> [Work task] Among the records below, how many lines contain the word "their"? The answer is a single number.

> [Provided records]
+-------+

-- ===== src/Lib.antt =====
-- The control plane of an Oracle patching service: the Python application of webapp/, which plans,
-- hands out and records patch tasks that bash programs of bin/ execute on the database hosts.
--
-- The parts and their files:
--   * Queue (webapp/agent_queue.py): the durable work queue that pull agents claim sealed tasks from.
--     Queue/Store has the job record, the directory of jobs (`Queue`) and the reads and writes;
--     Queue/Claim has `_expire`, `claim`, `_owned` and `list_jobs`; Queue/Lease `extend_lease`,
--     `defer_pending`, `require_reconciliation` and `complete`; Queue/Publish `publish_task` and
--     `publish_plan_tasks`; Queue/Reconcile `reconcile`. An operation is an action of Exec: from a
--     queue to a value or an error and the queue that it leaves. What holds a file lock is one step;
--     between the two locked sections of `defer_pending`, `complete` and `reconcile` the others
--     change the queue by any function, the argument `between`.
--   * Enroll (webapp/agent_enroll.py): the registry of agents, which the queue asks in
--     `_require_enrollment`; the state is the registry file.
--   * Adapters (webapp/adapters.py): the table of executors that a published task must name.
--   * Auth (webapp/auth.py): Auth/Registry has the principal registry, when it is in force and
--     `_load_entries`; Auth has `extract_bearer`, `ensure_token`, `require_api_auth`, `load_principals`
--     and `require_role`. Auth/Access and Auth/Roles are proofs; `permissions` of Auth/Roles says anew, role by
--     role, what the table of actions says action by action.
--   * Itsm (webapp/itsm.py): the change-ticket registry and `validate_ticket`.
--   * Production (webapp/production.py): the certificate and `require_live_mutation_allowed`.
--   * Runner (webapp/pipeline_runner.py): the run engine, in memory and on disk: `start_run` with its
--     worker thread as the steps `begin`, `log`, `set_execution_context` and `settle`, `get_run`,
--     `reconcile_run` and the restart of a controller. One controller is modelled at a time.
--   * Plan (webapp/planctl.py): Plan/Nodes has the hosts that a plan's nodes are executed on, as
--     hosts.json gives them; Plan/Execute `execute_next_task` and `execute_remaining_tasks`;
--     Plan/Poll the poll loop of a detached execution and Plan/Detached `reconcile_detached_run`, which
--     reads a launch context of the shape that the launch wrote. The plan tool, ssh and the executors
--     are arguments, which may also raise what the except clause does not catch (`uncaught`); Plan/Verified
--     and Plan/Wired are proofs.
--   * Remote (webapp/remote.py): Remote/Quote has the words of a command line, `shlex.quote` and what a
--     shell makes of them; Remote/Run the `run_remote` functions, `push_file` and `pull_file`;
--     Remote/Hosts `host_ips` and `reachable_from`; Remote/Transfer `pipe_remote` and
--     `direct_transfer`, from its checks to the `finally` block. Remote/Bounds and Remote/Withdrawn are
--     proofs.
--   * World: what the steps of a pipeline share: the evidence files, the ssh calls made so far, and the
--     tool trees verified. Evidence/Store and Evidence/Snapshots (webapp/evidence.py) read and write
--     those files; Tools/Local (webapp/localtools.py) runs a program of bin/ over them; Tools/
--     Fingerprint, Install and Sync (webapp/tools_sync.py) bring the programs to a host.
--   * Phases (webapp/discovery_phases.py): Phases/Values has the values of a document as Python
--     compares and prints them; the other modules have the phases of a host's discovery, their roll-up
--     and `derive_discovery_phases`; Phases/Rollup and Phases/Passed are proofs.
--   * Pipeline (webapp/pipeline_steps.py): Pipeline/Targets, Collect, Compat and Refresh have the steps
--     of the evidence chain, which use all four parts above; Pipeline/Chain the readiness chain that
--     runs them in order; Pipeline/Owner, Media, StageNodes and Stage the staging of media on the nodes of a host;
--     Pipeline/Overview what an operator is shown. The other modules are proofs on what a step
--     reads and leaves in the store, whether it returns or raises.
--   * Prelude, Exec and Json: tests, lists, text predicates (the regular expressions of the source
--     written out), Python's dict, actions that may raise with the rules to prove what they meet,
--     and JSON values with `get`, `isinstance` and truth.
--
-- Parameters of the model: the clock (`now` and `later`, the two readings that a call can take), the
-- environment's texts, `secrets.token_urlsafe`, `hashlib.sha256` and the output of
-- bin/opu-patch-plan, all fields of `Env`; for the pipeline also what an ssh process does, as a
-- function of the calls made before it, what a local program returns, as a function of the files it
-- is given, ssh-keygen (whose public key ends in the comment it is given,
-- where a theorem says so), `json.loads`, `int` of a text, the UUID (its hex form has letters and digits only), the tarball, `repr`, whether a write
-- succeeds and where a directory resolves. A refused lock, an `OSError` of a write in the registries, the queue
-- and the run engine (but for the last one of a worker thread), a failing unlink and a crash inside a
-- locked section are not modelled, nor are the times in the reports of a chain and the log lines.
-- A process that a signal ends has some nonzero code. Seconds are natural numbers: a negative number
-- of seconds fails the range test as 0 does. Numbers that JSON reads as floats keep a sign, a whole
-- part and whether there is a fraction; a float equals no key of the dictionaries in
-- Pipeline/Refresh and Pipeline/Owner. `.lower()` acts on ASCII, which decides the words that the source compares with.
-- Loops are structural recursion on lists, or on the number of rounds that the source allows
-- (`max_tasks`); the printing of a number n in decimal has fuel n + 1, and each digit makes n
-- smaller.
--
-- Not modelled: the HTTP server, notifications, the agent's worker loop, recovery control,
-- procedure hints, the fixtures of the test mode, and the bash programs, which a parameter stands for
-- where they are called.
pub mod Prelude
pub mod Exec
pub mod Json
pub mod Adapters
pub mod Enroll
pub mod Queue
pub mod Auth
pub mod Evidence
pub mod Itsm
pub mod Phases
pub mod Pipeline
pub mod Plan
pub mod Production
pub mod Remote
pub mod Runner
pub mod Tools
pub mod World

+-------+

> [Solved problem] 2